Of the lines below, write out exactly those from the line with "xs - 1) (xs" through the line with "-- left, and", both included, and skip the rest.

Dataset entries
[Start of Attachment]
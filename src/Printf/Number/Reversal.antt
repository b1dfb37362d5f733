-- ===== src/Printf/Number/Reversal.antt =====
-- The swapping loop of `PrintNum` in src/printf.c.
use mathlib.Core.List.{reverse}
use qcom_ipq_aux_loader.Base.{
  ℕ, zero, suc, ◌+◌, ◌-◌, ◌≤◌, ◌<◌, ◌≡◌, refl, List, [], ◌∷◌, ◌++◌, ◌&&◌, arith, length, get_or,
  set, length-append, leb, if◌then◌else◌,
}
use qcom_ipq_aux_loader.Base.Index.{
  length-set, get_or-set, get_or-append, length-reverse, get_or-reverse, get_or_ext,
}
use qcom_ipq_aux_loader.Printf.Number.{swap_loop}

length-swap_loop :
    (rounds begin end : ℕ) (buf : List ℕ) → length (swap_loop rounds begin end buf) ≡ length buf
unfolding swap_loop
length-swap_loop zero begin end buf = refl
length-swap_loop (suc rounds) begin end buf =
    let tmp = get_or buf begin 0 in
    let once = set buf begin (get_or buf end 0) in
    ground (
      arith,
      length-swap_loop rounds (begin + 1) (end - 1) (set once end tmp),
      length-set once end tmp,
      length-set buf begin (get_or buf end 0),
    )

-- The element at `i` after the loop.
get_or-swap_loop :
    (rounds begin end : ℕ) (buf : List ℕ) (i : ℕ)
    → end < length buf
    → end ≤ begin + rounds
    → get_or (swap_loop rounds begin end buf) i 0
      ≡ (if leb begin i && leb i end then get_or buf (begin + end - i) 0 else get_or buf i 0)
unfolding swap_loop
get_or-swap_loop zero begin end buf i inside enough = ground arith
get_or-swap_loop (suc rounds) begin end buf i inside enough =
    let tmp = get_or buf begin 0 in
    let once = set buf begin (get_or buf end 0) in
    ground (
      arith,
      get_or-swap_loop rounds (begin + 1) (end - 1) (set once end tmp) i,
      length-set once end tmp,
      length-set buf begin (get_or buf end 0),
      get_or-set 0 once end tmp i,
      get_or-set 0 buf begin (get_or buf end 0) i,
      get_or-set 0 once end tmp (begin + end - i),
      get_or-set 0 buf begin (get_or buf end 0) (begin + end - i),
    )

-- With a round for each element, the loop from the first to the last of `xs` reverses `xs` and
-- leaves what follows alone.
pub swap_loop-reverse :
    (rounds : ℕ) (xs ys : List ℕ)
    → length xs ≤ rounds
    → swap_loop rounds 0 (length xs - 1) (xs ++ ys) ≡ reverse xs ++ ys
swap_loop-reverse zero [] ys enough = unfold swap_loop in refl
swap_loop-reverse (suc rounds) [] ys enough = unfold swap_loop in refl
swap_loop-reverse rounds (x ∷ xs) ys enough = get_or_ext 0 _ _ same_length λ i lt. ground (
  arith,
  get_or-swap_loop rounds 0 (length xs) ((x ∷ xs) ++ ys) i,
  get_or-append 0 (x ∷ xs) ys (length xs - i),
  get_or-append 0 (x ∷ xs) ys i,
  get_or-append 0 (reverse (x ∷ xs)) ys i,
  get_or-reverse 0 (x ∷ xs) i,
  length-reverse (x ∷ xs),
  length-append (x ∷ xs) ys,
)
  where
    same_length :
        length (swap_loop rounds 0 (length (x ∷ xs) - 1) ((x ∷ xs) ++ ys))
        ≡ length (reverse (x ∷ xs) ++ ys)
    same_length = omega (
      arith,
      length-swap_loop rounds 0 (length (x ∷ xs) - 1) ((x ∷ xs) ++ ys),
      length-append (x ∷ xs) ys,
      length-append (reverse (x ∷ xs)) ys,
      length-reverse (x ∷ xs),
    )
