-- ===== src/Printf/Number/Padding.antt =====
-- The field that `PrintNum` leaves in its buffer.
use Prim.Native.Nat.{max}
use mathlib.Core.List.{reverse, reverse-append, append-nil}
use qcom_ipq_aux_loader.Base.{
  ℕ, suc, ◌+◌, ◌-◌, ◌≡◌, refl, ◌∙◌, ap, subst, Bool, true, false, some, List, [], ◌∷◌, ◌++◌, ◌&&◌,
  arith, length, replicate, length-append, ◌==◌, if◌then◌else◌, Bool-cases, ==_iff, inl, inr,
}
use qcom_ipq_aux_loader.Base.Index.{length-reverse, reverse-replicate}
use qcom_ipq_aux_loader.Printf.Number.{swap_loop, number_digits, pad, print_num}
use qcom_ipq_aux_loader.Printf.Number.Reversal.{swap_loop-reverse}

-- A numeral, highest digit first, with its sign.
abbrev pub signed : Bool → List ℕ → List ℕ
signed true digits = b'-' ∷ reverse digits
signed false digits = reverse digits

-- The numeral in a field of at least `width` characters: blanks behind it if it is adjusted to the
-- left, and otherwise `padc` before it, where zeros go between the sign and the digits.
abbrev pub field : List ℕ → Bool → ℕ → Bool → ℕ → List ℕ
field digits negative width ladjust padc =
    let gap = width - length (signed negative digits) in
    if ladjust
    then signed negative digits ++ replicate gap b' '
    else if negative && (padc == b'0')
    then b'-' ∷ replicate gap b'0' ++ reverse digits
    else replicate gap padc ++ signed negative digits

reverse_front :
    (xs ys : List ℕ) (k : ℕ)
    → k ≡ length xs
    → swap_loop (length (xs ++ ys)) 0 (k - 1) (xs ++ ys) ≡ reverse xs ++ ys
reverse_front xs ys k e =
    rw e (swap_loop-reverse (length (xs ++ ys)) xs ys (omega (arith, length-append xs ys)))

reverse_whole : (xs : List ℕ) → swap_loop (length xs) 0 (length xs - 1) xs ≡ reverse xs
reverse_whole xs =
    subst (λ t. swap_loop (length t) 0 (length xs - 1) t ≡ reverse xs) (append-nil xs)
      (reverse_front xs [] (length xs) refl ∙ append-nil (reverse xs))

-- What the loop makes of the buffer, by its parts.
reverse_parts :
    (digits : List ℕ) (n c : ℕ)
    → reverse (digits ++ replicate n c) ≡ replicate n c ++ reverse digits
reverse_parts digits n c =
    reverse-append digits (replicate n c) ∙ ap (λ t. t ++ reverse digits) (reverse-replicate n c)

pub max-sub : (a b : ℕ) → max a b - b ≡ a - b
max-sub a b = omega arith

length-signed : (digits : List ℕ) → length (digits ++ b'-' ∷ []) ≡ suc (length (reverse digits))
length-signed digits = omega (arith, length-append digits (b'-' ∷ []), length-reverse digits)

-- With the digits that the base gives, `PrintNum` leaves the field of the number.
pub print_num-field :
    (u base : ℕ) (negative : Bool) (width : ℕ) (ladjust : Bool) (padc : ℕ) (upcase : Bool)
    (digits : List ℕ)
    → number_digits u base upcase ≡ some digits
    → print_num u base negative width ladjust padc upcase
      ≡ some (field digits negative width ladjust padc)
unfolding print_num pad
print_num-field u base true width true padc upcase digits e =
    rw (e, print_num)
      (rw
        (
          reverse_front (digits ++ b'-' ∷ []) _ (length digits + 1)
              (omega (arith, length-append digits (b'-' ∷ []))),
          max-sub,
          length-signed,
          reverse-append,
        )
        refl)
print_num-field u base true width false padc upcase digits e =
    rw (e, print_num, reverse_whole)
      (ap some (elim (Bool-cases (padc == b'0')) [
        | inl zero_padded ↦
            let is_zero : padc ≡ b'0' = (==_iff padc b'0').0 zero_padded in
            rw (is_zero, pad) (rw (reverse-append, reverse_parts, max-sub, length-signed) refl)
        | inr other ↦
            rw (other, pad) (rw (reverse_parts, max-sub, length-signed, reverse-append) refl)
      ]))
print_num-field u base false width true padc upcase digits e =
    rw (e, print_num)
      (rw (reverse_front digits _ (length digits + 0) (omega arith), max-sub, length-reverse) refl)
print_num-field u base false width false padc upcase digits e =
    rw (e, print_num, reverse_whole) (rw (reverse_parts, max-sub, length-reverse) refl)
[End of Attachment]
Output of the task:
    → swap_loop rounds 0 (length xs - 1) (xs ++ ys) ≡ reverse xs ++ ys
swap_loop-reverse zero [] ys enough = unfold swap_loop in refl
swap_loop-reverse (suc rounds) [] ys enough = unfold swap_loop in refl
swap_loop-reverse rounds (x ∷ xs) ys enough = get_or_ext 0 _ _ same_length λ i lt. ground (
  arith,
  get_or-swap_loop rounds 0 (length xs) ((x ∷ xs) ++ ys) i,
  get_or-append 0 (x ∷ xs) ys (length xs - i),
  get_or-append 0 (x ∷ xs) ys i,
  get_or-append 0 (reverse (x ∷ xs)) ys i,
  get_or-reverse 0 (x ∷ xs) i,
  length-reverse (x ∷ xs),
  length-append (x ∷ xs) ys,
)
  where
    same_length :
        length (swap_loop rounds 0 (length (x ∷ xs) - 1) ((x ∷ xs) ++ ys))
        ≡ length (reverse (x ∷ xs) ++ ys)
    same_length = omega (
      arith,
      length-swap_loop rounds 0 (length (x ∷ xs) - 1) ((x ∷ xs) ++ ys),
      length-append (x ∷ xs) ys,
      length-append (reverse (x ∷ xs)) ys,
      length-reverse (x ∷ xs),
    )
-- ===== src/Printf/Number/Padding.antt =====
-- The field that `PrintNum` leaves in its buffer.
use Prim.Native.Nat.{max}
use mathlib.Core.List.{reverse, reverse-append, append-nil}
use qcom_ipq_aux_loader.Base.{
  ℕ, suc, ◌+◌, ◌-◌, ◌≡◌, refl, ◌∙◌, ap, subst, Bool, true, false, some, List, [], ◌∷◌, ◌++◌, ◌&&◌,
  arith, length, replicate, length-append, ◌==◌, if◌then◌else◌, Bool-cases, ==_iff, inl, inr,
}
use qcom_ipq_aux_loader.Base.Index.{length-reverse, reverse-replicate}
use qcom_ipq_aux_loader.Printf.Number.{swap_loop, number_digits, pad, print_num}
use qcom_ipq_aux_loader.Printf.Number.Reversal.{swap_loop-reverse}

-- A numeral, highest digit first, with its sign.
abbrev pub signed : Bool → List ℕ → List ℕ
signed true digits = b'-' ∷ reverse digits
signed false digits = reverse digits

-- The numeral in a field of at least `width` characters: blanks behind it if it is adjusted to the
-- left, and otherwise `padc` before it, where zeros go between the sign and the digits.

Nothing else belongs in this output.